Your task:
Every line between the top of the data below and the line with "module _ ⦃T : Formats⦄ where", both ends included, must be retyped exactly.

******

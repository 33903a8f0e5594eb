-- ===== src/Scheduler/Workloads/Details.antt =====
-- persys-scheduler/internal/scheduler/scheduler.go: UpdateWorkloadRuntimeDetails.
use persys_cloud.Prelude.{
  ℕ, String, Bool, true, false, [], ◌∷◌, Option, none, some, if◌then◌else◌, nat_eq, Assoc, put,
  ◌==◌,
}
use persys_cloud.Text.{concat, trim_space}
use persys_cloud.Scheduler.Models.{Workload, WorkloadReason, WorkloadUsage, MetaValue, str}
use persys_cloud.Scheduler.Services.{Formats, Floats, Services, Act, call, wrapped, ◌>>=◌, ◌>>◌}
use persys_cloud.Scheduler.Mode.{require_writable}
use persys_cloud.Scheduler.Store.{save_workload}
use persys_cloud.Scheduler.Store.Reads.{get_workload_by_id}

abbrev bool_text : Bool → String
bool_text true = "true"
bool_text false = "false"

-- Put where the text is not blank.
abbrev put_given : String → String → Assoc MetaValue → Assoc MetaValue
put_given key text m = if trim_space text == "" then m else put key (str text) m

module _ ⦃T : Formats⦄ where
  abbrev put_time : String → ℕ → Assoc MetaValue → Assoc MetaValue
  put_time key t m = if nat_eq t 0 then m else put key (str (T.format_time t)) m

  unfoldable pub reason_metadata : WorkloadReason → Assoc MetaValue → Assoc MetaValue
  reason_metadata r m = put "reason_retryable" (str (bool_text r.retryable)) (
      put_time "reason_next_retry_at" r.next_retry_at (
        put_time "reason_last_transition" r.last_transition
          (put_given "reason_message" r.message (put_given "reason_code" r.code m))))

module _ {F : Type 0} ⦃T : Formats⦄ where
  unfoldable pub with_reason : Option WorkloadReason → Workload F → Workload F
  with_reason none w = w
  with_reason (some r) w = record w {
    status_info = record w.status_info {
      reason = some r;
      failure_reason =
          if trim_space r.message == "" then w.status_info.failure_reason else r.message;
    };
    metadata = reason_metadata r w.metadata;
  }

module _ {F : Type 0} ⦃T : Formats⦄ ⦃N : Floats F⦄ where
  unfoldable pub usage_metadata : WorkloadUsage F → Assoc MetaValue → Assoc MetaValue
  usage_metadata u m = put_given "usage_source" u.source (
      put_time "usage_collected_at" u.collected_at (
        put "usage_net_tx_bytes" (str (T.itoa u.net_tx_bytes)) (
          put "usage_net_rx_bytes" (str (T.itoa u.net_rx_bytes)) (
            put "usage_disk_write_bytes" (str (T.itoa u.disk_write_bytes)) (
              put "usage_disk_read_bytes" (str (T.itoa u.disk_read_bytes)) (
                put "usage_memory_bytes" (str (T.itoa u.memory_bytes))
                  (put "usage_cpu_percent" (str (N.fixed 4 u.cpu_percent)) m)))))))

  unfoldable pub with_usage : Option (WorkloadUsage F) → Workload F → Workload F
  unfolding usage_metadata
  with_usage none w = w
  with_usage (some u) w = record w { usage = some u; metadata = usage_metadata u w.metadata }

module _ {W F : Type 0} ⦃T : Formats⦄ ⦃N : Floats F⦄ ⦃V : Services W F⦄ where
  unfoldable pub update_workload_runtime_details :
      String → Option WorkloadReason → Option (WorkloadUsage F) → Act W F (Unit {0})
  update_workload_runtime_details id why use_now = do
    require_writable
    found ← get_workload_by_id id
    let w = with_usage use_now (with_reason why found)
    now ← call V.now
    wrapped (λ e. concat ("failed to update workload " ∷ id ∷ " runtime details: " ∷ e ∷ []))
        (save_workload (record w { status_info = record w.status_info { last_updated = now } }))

******

Answer box:
repository 33903a8f0e5594eb
-- ===== src/Scheduler/Workloads/Details.antt =====
-- persys-scheduler/internal/scheduler/scheduler.go: UpdateWorkloadRuntimeDetails.
use persys_cloud.Prelude.{
  ℕ, String, Bool, true, false, [], ◌∷◌, Option, none, some, if◌then◌else◌, nat_eq, Assoc, put,
  ◌==◌,
}
use persys_cloud.Text.{concat, trim_space}
use persys_cloud.Scheduler.Models.{Workload, WorkloadReason, WorkloadUsage, MetaValue, str}
use persys_cloud.Scheduler.Services.{Formats, Floats, Services, Act, call, wrapped, ◌>>=◌, ◌>>◌}
use persys_cloud.Scheduler.Mode.{require_writable}
use persys_cloud.Scheduler.Store.{save_workload}
use persys_cloud.Scheduler.Store.Reads.{get_workload_by_id}

abbrev bool_text : Bool → String
bool_text true = "true"
bool_text false = "false"

-- Put where the text is not blank.
abbrev put_given : String → String → Assoc MetaValue → Assoc MetaValue
put_given key text m = if trim_space text == "" then m else put key (str text) m

module _ ⦃T : Formats⦄ where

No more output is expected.